From the entries below, copy out all lines holding "steps".
==== Records to process
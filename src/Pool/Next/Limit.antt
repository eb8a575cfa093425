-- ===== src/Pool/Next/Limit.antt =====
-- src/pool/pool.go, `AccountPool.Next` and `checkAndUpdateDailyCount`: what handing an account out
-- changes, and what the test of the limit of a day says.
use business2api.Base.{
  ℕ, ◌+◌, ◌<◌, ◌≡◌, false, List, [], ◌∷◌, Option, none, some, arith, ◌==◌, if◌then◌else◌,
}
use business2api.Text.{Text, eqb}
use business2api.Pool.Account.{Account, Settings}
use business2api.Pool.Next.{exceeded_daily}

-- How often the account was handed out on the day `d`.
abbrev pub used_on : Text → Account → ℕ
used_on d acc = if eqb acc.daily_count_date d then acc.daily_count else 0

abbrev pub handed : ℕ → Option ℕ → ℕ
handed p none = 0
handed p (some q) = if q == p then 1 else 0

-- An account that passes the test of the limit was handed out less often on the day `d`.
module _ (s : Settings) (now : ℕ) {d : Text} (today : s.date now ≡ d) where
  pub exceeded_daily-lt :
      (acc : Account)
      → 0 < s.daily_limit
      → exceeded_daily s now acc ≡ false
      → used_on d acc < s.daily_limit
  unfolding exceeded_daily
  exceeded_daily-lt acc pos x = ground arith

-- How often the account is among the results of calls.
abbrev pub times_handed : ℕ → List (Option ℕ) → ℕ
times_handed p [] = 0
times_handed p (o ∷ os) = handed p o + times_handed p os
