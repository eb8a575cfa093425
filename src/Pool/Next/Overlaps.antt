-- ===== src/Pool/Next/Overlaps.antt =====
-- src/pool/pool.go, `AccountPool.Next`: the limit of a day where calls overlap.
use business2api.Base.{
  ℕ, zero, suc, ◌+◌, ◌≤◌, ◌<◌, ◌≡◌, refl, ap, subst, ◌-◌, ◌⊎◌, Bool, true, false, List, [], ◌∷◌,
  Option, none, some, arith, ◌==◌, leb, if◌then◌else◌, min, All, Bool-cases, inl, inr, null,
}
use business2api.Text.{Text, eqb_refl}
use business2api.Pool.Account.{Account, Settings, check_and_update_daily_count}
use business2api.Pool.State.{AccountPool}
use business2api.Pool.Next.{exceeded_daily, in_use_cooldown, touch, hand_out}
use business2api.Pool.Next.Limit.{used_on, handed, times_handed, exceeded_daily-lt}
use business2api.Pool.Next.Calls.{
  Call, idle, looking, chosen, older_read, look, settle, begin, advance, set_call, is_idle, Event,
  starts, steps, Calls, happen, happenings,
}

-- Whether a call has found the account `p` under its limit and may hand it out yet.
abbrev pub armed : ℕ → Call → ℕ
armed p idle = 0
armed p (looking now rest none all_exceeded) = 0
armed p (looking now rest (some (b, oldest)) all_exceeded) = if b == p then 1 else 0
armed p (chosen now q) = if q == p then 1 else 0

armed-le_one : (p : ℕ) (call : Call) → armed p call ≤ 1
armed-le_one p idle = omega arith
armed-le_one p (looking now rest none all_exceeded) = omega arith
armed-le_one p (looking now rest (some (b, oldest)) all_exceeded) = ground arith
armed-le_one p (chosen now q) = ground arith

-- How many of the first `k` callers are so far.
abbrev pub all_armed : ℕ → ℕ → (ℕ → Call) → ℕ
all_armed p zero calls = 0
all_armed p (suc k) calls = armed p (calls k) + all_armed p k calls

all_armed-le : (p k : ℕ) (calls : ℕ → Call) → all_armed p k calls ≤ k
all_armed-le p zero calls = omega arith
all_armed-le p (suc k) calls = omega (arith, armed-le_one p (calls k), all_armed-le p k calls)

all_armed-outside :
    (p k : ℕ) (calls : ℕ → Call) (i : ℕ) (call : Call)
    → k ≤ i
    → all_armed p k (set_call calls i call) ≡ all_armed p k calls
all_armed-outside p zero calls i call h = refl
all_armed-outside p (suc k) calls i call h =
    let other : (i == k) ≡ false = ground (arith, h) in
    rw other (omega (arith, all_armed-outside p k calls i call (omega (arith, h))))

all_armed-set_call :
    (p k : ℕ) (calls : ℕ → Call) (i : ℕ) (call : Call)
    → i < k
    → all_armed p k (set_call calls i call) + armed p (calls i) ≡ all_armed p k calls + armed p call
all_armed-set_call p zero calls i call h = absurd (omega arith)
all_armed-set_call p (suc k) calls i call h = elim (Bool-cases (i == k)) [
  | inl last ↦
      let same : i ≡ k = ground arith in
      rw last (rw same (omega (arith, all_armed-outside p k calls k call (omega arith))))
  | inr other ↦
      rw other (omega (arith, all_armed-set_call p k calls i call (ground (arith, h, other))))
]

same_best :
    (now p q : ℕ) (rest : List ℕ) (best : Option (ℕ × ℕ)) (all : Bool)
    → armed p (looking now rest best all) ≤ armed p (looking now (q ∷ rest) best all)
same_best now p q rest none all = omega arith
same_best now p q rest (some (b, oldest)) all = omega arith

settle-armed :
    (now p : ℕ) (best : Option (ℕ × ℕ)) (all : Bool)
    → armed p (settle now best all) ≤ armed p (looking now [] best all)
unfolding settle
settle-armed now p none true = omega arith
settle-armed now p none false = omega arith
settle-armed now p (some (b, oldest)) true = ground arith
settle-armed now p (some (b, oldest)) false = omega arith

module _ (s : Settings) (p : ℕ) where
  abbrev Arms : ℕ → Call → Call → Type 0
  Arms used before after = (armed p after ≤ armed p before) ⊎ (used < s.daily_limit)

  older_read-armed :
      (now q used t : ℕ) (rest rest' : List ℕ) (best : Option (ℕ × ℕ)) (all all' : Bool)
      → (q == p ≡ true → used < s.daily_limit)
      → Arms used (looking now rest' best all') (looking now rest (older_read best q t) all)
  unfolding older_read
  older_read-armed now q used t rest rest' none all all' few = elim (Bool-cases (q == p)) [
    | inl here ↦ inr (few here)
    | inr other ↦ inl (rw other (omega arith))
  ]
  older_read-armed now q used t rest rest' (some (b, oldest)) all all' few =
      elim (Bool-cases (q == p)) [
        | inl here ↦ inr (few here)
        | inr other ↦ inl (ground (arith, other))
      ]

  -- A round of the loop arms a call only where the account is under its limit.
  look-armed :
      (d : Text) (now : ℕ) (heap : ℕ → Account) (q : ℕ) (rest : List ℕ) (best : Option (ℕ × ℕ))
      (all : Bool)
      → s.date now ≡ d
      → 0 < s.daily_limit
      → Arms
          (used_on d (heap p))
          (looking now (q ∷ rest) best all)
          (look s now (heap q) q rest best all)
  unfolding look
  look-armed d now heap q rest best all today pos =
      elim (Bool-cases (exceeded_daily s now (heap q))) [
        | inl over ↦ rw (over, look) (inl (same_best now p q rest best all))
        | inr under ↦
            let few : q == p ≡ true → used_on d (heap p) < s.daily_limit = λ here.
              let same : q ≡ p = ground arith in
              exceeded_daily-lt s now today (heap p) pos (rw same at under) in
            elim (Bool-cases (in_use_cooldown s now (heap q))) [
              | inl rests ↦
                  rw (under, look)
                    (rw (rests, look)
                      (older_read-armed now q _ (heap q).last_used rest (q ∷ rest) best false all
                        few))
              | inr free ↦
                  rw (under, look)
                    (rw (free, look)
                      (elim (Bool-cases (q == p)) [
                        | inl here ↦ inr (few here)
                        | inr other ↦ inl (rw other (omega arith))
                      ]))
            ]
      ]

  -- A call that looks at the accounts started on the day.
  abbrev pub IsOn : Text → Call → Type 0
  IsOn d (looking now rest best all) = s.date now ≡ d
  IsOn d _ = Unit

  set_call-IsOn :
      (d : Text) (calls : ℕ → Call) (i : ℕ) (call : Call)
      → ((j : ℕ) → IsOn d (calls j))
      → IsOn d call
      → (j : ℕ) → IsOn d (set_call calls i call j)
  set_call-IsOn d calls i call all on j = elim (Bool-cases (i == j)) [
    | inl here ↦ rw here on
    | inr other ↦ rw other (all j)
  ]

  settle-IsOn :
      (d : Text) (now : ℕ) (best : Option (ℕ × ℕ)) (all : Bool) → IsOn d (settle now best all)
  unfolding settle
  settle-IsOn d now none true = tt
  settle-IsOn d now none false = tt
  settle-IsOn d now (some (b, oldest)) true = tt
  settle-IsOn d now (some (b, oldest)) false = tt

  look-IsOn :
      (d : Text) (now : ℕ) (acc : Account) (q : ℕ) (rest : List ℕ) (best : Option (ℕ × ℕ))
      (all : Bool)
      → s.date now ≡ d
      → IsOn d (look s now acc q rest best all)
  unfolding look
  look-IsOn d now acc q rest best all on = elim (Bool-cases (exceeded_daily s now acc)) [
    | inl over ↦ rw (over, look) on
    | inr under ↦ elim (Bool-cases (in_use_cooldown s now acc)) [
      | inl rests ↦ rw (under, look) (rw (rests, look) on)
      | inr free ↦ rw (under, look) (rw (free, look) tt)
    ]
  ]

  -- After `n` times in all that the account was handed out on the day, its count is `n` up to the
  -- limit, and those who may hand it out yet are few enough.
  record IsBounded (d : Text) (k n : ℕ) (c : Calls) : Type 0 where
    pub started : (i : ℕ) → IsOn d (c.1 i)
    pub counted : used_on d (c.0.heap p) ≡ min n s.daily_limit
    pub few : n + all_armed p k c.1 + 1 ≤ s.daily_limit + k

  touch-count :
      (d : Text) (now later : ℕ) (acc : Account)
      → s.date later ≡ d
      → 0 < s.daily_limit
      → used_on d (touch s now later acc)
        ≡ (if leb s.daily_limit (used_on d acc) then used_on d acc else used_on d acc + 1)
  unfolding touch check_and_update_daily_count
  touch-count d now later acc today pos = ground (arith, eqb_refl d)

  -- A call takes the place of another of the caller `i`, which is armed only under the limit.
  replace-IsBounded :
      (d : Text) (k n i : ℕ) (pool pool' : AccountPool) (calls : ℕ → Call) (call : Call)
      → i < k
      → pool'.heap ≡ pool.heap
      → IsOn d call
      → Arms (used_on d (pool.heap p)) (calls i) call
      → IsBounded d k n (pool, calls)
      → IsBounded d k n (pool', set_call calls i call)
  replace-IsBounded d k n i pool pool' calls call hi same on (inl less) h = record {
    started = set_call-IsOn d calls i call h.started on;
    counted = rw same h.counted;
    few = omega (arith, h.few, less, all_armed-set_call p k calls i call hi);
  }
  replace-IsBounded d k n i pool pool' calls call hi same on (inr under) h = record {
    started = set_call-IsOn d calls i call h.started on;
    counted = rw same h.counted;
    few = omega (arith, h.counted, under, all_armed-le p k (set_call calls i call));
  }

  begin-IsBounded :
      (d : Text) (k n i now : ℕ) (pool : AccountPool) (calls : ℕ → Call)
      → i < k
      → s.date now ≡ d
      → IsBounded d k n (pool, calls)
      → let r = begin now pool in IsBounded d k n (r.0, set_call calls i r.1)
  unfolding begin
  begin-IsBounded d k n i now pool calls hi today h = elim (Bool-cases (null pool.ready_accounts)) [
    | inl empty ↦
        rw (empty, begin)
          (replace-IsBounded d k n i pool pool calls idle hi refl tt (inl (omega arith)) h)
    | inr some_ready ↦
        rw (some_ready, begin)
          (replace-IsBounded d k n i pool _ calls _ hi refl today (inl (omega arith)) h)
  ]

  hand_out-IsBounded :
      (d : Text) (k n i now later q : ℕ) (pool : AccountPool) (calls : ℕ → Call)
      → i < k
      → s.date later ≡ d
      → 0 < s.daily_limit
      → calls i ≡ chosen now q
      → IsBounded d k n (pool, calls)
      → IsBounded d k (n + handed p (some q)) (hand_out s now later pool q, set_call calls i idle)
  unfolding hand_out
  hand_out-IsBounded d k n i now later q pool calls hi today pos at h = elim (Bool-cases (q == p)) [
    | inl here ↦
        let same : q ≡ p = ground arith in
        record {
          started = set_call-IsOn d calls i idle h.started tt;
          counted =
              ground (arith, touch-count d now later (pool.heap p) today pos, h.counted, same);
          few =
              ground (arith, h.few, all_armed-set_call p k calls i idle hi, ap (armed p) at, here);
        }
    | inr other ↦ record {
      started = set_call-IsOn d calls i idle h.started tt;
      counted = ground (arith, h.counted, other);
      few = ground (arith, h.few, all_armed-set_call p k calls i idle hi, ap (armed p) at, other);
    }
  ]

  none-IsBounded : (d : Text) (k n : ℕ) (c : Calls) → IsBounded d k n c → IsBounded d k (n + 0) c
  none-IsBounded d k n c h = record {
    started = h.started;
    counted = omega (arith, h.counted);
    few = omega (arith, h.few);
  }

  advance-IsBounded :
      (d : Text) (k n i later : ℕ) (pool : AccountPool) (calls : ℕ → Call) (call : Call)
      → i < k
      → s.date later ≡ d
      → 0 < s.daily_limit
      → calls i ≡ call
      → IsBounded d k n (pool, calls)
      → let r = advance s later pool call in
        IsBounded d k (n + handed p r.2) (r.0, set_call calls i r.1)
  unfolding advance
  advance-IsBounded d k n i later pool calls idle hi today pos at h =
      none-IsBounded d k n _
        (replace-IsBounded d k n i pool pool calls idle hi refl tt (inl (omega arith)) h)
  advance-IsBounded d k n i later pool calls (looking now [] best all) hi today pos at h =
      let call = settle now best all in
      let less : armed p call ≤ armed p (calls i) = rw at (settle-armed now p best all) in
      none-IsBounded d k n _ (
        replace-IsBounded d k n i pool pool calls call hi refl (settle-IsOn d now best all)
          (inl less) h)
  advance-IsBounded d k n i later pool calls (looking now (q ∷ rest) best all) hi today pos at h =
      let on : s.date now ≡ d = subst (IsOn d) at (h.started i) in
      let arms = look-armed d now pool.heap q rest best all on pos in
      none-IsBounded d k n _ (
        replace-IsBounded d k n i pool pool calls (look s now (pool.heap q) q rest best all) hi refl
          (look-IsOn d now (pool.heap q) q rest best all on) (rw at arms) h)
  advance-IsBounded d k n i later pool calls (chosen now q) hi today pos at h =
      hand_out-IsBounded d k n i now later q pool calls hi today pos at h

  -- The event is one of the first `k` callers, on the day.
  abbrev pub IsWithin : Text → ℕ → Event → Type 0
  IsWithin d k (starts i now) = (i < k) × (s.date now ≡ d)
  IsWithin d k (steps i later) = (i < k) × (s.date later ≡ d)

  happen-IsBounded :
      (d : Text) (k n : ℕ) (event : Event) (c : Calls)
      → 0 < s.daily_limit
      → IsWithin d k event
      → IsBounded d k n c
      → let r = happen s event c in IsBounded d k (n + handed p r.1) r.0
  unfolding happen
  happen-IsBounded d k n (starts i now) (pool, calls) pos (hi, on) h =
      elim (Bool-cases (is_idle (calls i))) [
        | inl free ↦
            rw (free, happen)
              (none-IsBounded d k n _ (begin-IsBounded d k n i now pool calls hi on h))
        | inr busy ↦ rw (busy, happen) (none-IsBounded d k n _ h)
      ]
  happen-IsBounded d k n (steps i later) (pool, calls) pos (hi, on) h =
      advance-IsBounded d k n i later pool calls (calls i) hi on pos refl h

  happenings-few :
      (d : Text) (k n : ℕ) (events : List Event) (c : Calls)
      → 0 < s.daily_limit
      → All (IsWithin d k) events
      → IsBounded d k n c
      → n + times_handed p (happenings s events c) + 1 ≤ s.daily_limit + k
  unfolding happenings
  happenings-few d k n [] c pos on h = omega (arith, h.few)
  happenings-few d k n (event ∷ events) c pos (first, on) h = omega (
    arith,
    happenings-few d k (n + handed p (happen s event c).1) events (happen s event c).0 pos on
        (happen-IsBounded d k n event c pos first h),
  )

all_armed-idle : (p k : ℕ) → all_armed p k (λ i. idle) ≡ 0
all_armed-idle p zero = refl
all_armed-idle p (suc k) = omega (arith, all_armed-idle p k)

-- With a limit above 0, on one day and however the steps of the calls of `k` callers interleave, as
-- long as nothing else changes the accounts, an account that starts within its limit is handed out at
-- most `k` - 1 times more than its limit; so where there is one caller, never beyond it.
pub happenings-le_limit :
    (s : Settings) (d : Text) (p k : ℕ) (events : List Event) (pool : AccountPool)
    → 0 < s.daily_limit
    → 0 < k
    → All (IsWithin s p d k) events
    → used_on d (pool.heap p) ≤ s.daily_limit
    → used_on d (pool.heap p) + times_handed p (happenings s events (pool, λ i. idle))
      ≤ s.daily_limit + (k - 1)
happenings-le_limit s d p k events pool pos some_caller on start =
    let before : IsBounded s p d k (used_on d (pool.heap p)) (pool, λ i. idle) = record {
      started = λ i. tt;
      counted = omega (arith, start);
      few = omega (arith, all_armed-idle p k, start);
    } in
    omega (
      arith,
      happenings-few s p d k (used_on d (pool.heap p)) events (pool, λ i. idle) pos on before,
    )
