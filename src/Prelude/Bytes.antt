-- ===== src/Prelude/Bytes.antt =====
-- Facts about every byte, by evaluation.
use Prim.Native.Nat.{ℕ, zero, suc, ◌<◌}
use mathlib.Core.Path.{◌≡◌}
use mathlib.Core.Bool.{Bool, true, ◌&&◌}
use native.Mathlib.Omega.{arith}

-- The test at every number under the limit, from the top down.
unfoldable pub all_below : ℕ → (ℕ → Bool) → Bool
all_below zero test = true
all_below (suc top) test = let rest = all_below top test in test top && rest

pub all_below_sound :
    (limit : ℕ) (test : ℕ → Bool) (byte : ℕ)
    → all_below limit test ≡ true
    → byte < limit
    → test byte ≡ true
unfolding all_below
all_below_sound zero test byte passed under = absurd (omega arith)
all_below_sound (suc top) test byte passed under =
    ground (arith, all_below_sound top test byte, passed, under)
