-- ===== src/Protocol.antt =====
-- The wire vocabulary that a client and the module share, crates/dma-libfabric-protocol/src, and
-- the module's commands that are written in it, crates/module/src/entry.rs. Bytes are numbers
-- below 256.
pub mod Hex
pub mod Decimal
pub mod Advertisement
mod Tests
========
**Exercise response:**
  starts, steps, Calls, happen, happenings,
  IsWithin d k (steps i later) = (i < k) × (s.date later ≡ d)
  happen-IsBounded d k n (steps i later) (pool, calls) pos (hi, on) h =
-- With a limit above 0, on one day and however the steps of the calls of `k` callers interleave, as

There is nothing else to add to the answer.